# The Aliens/The Unbearable Lightness of Being classification space of movies

Still playing with the Group Lens movies data set, I implemented a couple of ideas from Shailesh Kumar, one of the Google researchers that came up with the logical itemset mining algorithm. That improved the clustering of movies quite a bit, and gave me the idea to "choose a basis," so to speak, and project these clusters into a more familiar Euclidean representation (although networks and clusters are fast becoming part of our culture's vernacular, interestingly).

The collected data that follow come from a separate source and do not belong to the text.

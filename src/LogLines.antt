-- ===== src/LogLines.antt =====
-- src/mq_adapters/log.py: how destinations and bodies are shown in log lines.
use Prim.Native.String.{◌++◌ as ◌<>◌}
use rabbitmq_pika_adapter.Prelude.{
  ℕ, zero, suc, ◌+◌, ◌≤◌, ◌≡◌, refl, String, Bool, true, false, List, [], ◌∷◌, ◌++◌, leb, length,
  length-append, if◌then◌else◌, arith, Bool-cases, inl, inr,
}
use rabbitmq_pika_adapter.Value.{Value, Fields, null, string, dict, get_or, truthy}
use rabbitmq_pika_adapter.Serializer.{Message, bytes}

abbrev is_none : Value → Bool
is_none null = true
is_none _ = false

abbrev part : Bool → String → List String
part true s = s ∷ []
part false s = []

-- `",".join(parts)`
abbrev join : String → List String → String
join p [] = p
join p (q ∷ ps) = p <> ("," <> join q ps)

abbrev joined : List String → String
joined [] = "<destination>"
joined (p ∷ ps) = join p ps

-- `render` is `str`.
module _ (render : Value → String) where
  abbrev parts : Fields → List String
  parts d =
      let exchange = get_or "exchange_name" null d in
      let key = get_or "routing_key" null d in
      let queue = get_or "predefined_queue_name" null d in
      part (truthy exchange) ("exchange=" <> render exchange)
      ++ (part (if is_none key then false else true) ("routing_key=" <> render key)
          ++ part (truthy queue) ("queue=" <> render queue))

  unfoldable pub destination_str : Value → String
  unfolding get_or truthy
  destination_str null = "<unknown>"
  destination_str (string s) = s
  destination_str (dict d) = joined (parts d)
  destination_str v = render v

-- `b[:n]`
abbrev first : ℕ → List ℕ → List ℕ
first n [] = []
first zero (b ∷ bs) = []
first (suc n) (b ∷ bs) = b ∷ first n bs

-- `b"..."`
abbrev dots : List ℕ
dots = 46 ∷ 46 ∷ 46 ∷ []

abbrev truncated : ℕ → List ℕ → List ℕ
truncated max_len b = if leb (length b) max_len then b else first max_len b ++ dots

-- Bodies that are no bytes are left alone.
unfoldable pub maybe_repr_bytes : ℕ → Message → Message
maybe_repr_bytes max_len (bytes b) = bytes (truncated max_len b)
maybe_repr_bytes max_len m = m

length-first : (n : ℕ) (b : List ℕ) → length (first n b) ≤ n
length-first n [] = omega arith
length-first zero (b ∷ bs) = omega arith
length-first (suc n) (b ∷ bs) = omega (arith, length-first n bs)

-- What is shown of a body has at most `max_len` bytes and the dots.
pub maybe_repr_bytes-bounded :
    (max_len : ℕ) (b : List ℕ)
    → (shown : List ℕ) × (maybe_repr_bytes max_len (bytes b) ≡ bytes shown)
      × (length shown ≤ max_len + 3)
unfolding maybe_repr_bytes
maybe_repr_bytes-bounded max_len b = (
  truncated max_len b,
  refl,
  elim (Bool-cases (leb (length b) max_len)) [
    | inl short ↦ rw short (ground arith)
    | inr long ↦
        rw long (omega (arith, length-append (first max_len b) dots, length-first max_len b))
  ],
)
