-- ===== src/Retry/Delay.antt =====
-- Bounds of `RetryPolicy.delay_for_attempt`.
use rabbitmq_pika_adapter.Prelude.{
  ℕ, ◌-◌, ◌≡◌, refl, Option, none, some, arith, leb, if◌then◌else◌, Bool-cases, inl, inr,
}
use rabbitmq_pika_adapter.Retry.Floats.{Seconds, Laws, IsUniform, le, min_of, max_of}
use rabbitmq_pika_adapter.Retry.{RetryPolicy, backoff, delay_for_attempt, jittered, capped}

module _ (s : Seconds) (laws : Laws s) where
  min_of-le_left : (a b : s.T) → le s (min_of s a b) a
  min_of-le_left a b = elim (Bool-cases (s.ltb b a)) [
    | inl h ↦ rw h (laws.le_of_lt b a h)
    | inr h ↦ rw h (laws.le_refl a)
  ]

  min_of-nonneg : (a b : s.T) → le s s.nought a → le s s.nought b → le s s.nought (min_of s a b)
  min_of-nonneg a b ha hb = ground arith

  le-max_of_left : (a b : s.T) → le s a (max_of s a b)
  le-max_of_left a b = elim (Bool-cases (s.ltb a b)) [
    | inl h ↦ rw h (laws.le_of_lt a b h)
    | inr h ↦ rw h (laws.le_refl a)
  ]

  max_of-le : (a b c : s.T) → le s a c → le s b c → le s (max_of s a b) c
  max_of-le a b c ha hb = ground arith

  -- A policy whose delays make sense.
  pub record IsSound (p : RetryPolicy s) : Type 0 where
    pub base_nonneg : le s s.nought p.base_delay
    pub max_nonneg : le s s.nought p.max_delay
    pub multiplier_nonneg : le s s.nought p.multiplier

  abbrev pub Within : RetryPolicy s → s.T → Type 0
  Within p d = le s s.nought d × le s d p.max_delay

  capped-Within :
      (p : RetryPolicy s) (power : Option s.T) {d : s.T}
      → IsSound p
      → ((q : s.T) → power ≡ some q → le s s.nought q)
      → capped s p power ≡ some d
      → Within p d
  capped-Within p none sound nonneg e = cc
  capped-Within p (some q) {d} sound nonneg e =
      let product = s.mul p.base_delay q in
      let same : min_of s p.max_delay product ≡ d = cc in
      rw (← same) (
        min_of-nonneg p.max_delay product sound.max_nonneg
            (laws.mul_nonneg p.base_delay q sound.base_nonneg (nonneg q refl)),
        min_of-le_left p.max_delay product,
      )

  pub backoff-Within :
      (p : RetryPolicy s) (attempt : ℕ) {d : s.T}
      → IsSound p
      → backoff s p attempt ≡ some d
      → Within p d
  unfolding backoff
  backoff-Within p attempt {d} sound e = elim (Bool-cases (leb attempt 1)) [
    | inl first ↦
        let same : s.nought ≡ d = ground arith in
        rw (← same) (laws.le_refl s.nought, sound.max_nonneg)
    | inr later ↦
        capped-Within p (s.pow p.multiplier (attempt - 2)) sound
          (λ q. laws.pow_nonneg p.multiplier q (attempt - 2) sound.multiplier_nonneg) (ground arith)
  ]

  -- The largest delay: the jitter is added after the cap.
  abbrev pub ceiling : RetryPolicy s → s.T
  ceiling p = if s.ltb s.nought p.jitter then s.add p.max_delay p.jitter else p.max_delay

  jittered_bounds :
      (p : RetryPolicy s) (b : Option s.T) (uniform : s.T → s.T → s.T) {d : s.T}
      → IsSound p
      → IsUniform s uniform
      → ((c : s.T) → b ≡ some c → Within p c)
      → jittered s p uniform b ≡ some d
      → le s s.nought d × le s d (ceiling p)
  jittered_bounds p none uniform sound fair within e = cc
  jittered_bounds p (some c) uniform {d} sound fair within e =
      elim (Bool-cases (s.ltb s.nought p.jitter)) [
        | inl jitters ↦
            let u = uniform (s.neg p.jitter) p.jitter in
            let same : max_of s s.nought (s.add c u) ≡ d = ground arith in
            let pos_jitter = laws.le_of_lt s.nought p.jitter jitters in
            let in_range = fair (s.neg p.jitter) p.jitter (laws.neg-le p.jitter pos_jitter) in
            rw (jitters, ← same)
              (
                le-max_of_left s.nought (s.add c u),
                max_of-le s.nought (s.add c u) (s.add p.max_delay p.jitter)
                    (laws.add_nonneg p.max_delay p.jitter sound.max_nonneg pos_jitter)
                    (laws.add_mono c p.max_delay u p.jitter (within c refl).1 in_range.1),
              )
        | inr plain ↦ let same : c ≡ d = ground arith in rw (plain, ← same) (within c refl)
      ]

  -- A computed delay is never negative and at most `max_delay` plus the jitter.
  pub delay_for_attempt_bounds :
      (p : RetryPolicy s) (attempt : ℕ) (uniform : s.T → s.T → s.T) {d : s.T}
      → IsSound p
      → IsUniform s uniform
      → delay_for_attempt s p attempt uniform ≡ some d
      → le s s.nought d × le s d (ceiling p)
  unfolding delay_for_attempt
  delay_for_attempt_bounds p attempt uniform sound fair e =
      jittered_bounds p (backoff s p attempt) uniform sound fair
        (λ c. backoff-Within p attempt sound) e
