-- ===== src/Retry/Overflow.antt =====
-- Where the power of the multiplier overflows, so does the delay.
use rabbitmq_pika_adapter.Prelude.{ℕ, suc, ◌+◌, ◌-◌, ◌≡◌, none, arith}
use rabbitmq_pika_adapter.Outcome.{Outcome}
use rabbitmq_pika_adapter.Retry.Floats.{Seconds}
use rabbitmq_pika_adapter.Retry.{RetryPolicy, backoff, delay_for_attempt}

module _ (s : Seconds) {W A : Type 0} (p : RetryPolicy s) (uniform : ℕ → s.T → s.T → s.T)
    (sleep : s.T → W → W) (func : W → Outcome A × W) where
  module _ (k : ℕ) (endless : p.max_attempts ≡ none) (huge : s.pow p.multiplier k ≡ none) where
    backoff_overflows : backoff s p (suc k + 1) ≡ none
    unfolding backoff
    backoff_overflows = let exponent : suc k + 1 - 2 ≡ k = omega arith in ground (arith, exponent)

    pub delay_overflows :
        (attempt : ℕ)
        → attempt ≡ suc k
        → delay_for_attempt s p (attempt + 1) (uniform attempt) ≡ none
    unfolding delay_for_attempt
    delay_overflows attempt last = ground (arith, backoff_overflows)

This is what I did: I chose two movies from the data set, Aliens and The Unbearable Lightness of Being as the "basis vectors" of the "movie space." For every other movie in the data set, I found the shortest path between the movie and each basis vector on the weighted graph in the logical itemset mining algorithm that underlies the final selection of clusters. That gave me a couple of coordinates for each movie (its "distance from Aliens" and "distance from The Unbearable..."). Rounding coordinates to integers and choosing an small sample that covers the space well, here's a selected map of "movie space" (you will want to click on it to see it at full size):

Agreeably enough, this map has a number of features you'd expect from something like this, as well as some interesting (to me) quirks:

• There is no movie that is close to both basis movies (although if anybody wants to produce The Unbearable Lightness of Chestbursters, I'd love to write that script).
• The least-The Unbearable... of the similar-to-Aliens movies in this sub-sample is Raiders of the Lost Ark, which makes sense (it's campy, but it's still an adventure movie).
• Dangerous Liaisons isn't that far from The Unbearable.., but as far away as you can get from Aliens.
• Wayne's World is way out there.

It's fun to imagine the use of geometrical analogies to use this kind of mapping for practical applications. For example, movie night negotiation between two or more people could be approached as finding the movie vector with the lowest euclidean norm among the available options, where the basis is the set of each person's personal choice or favorite movie, and so on.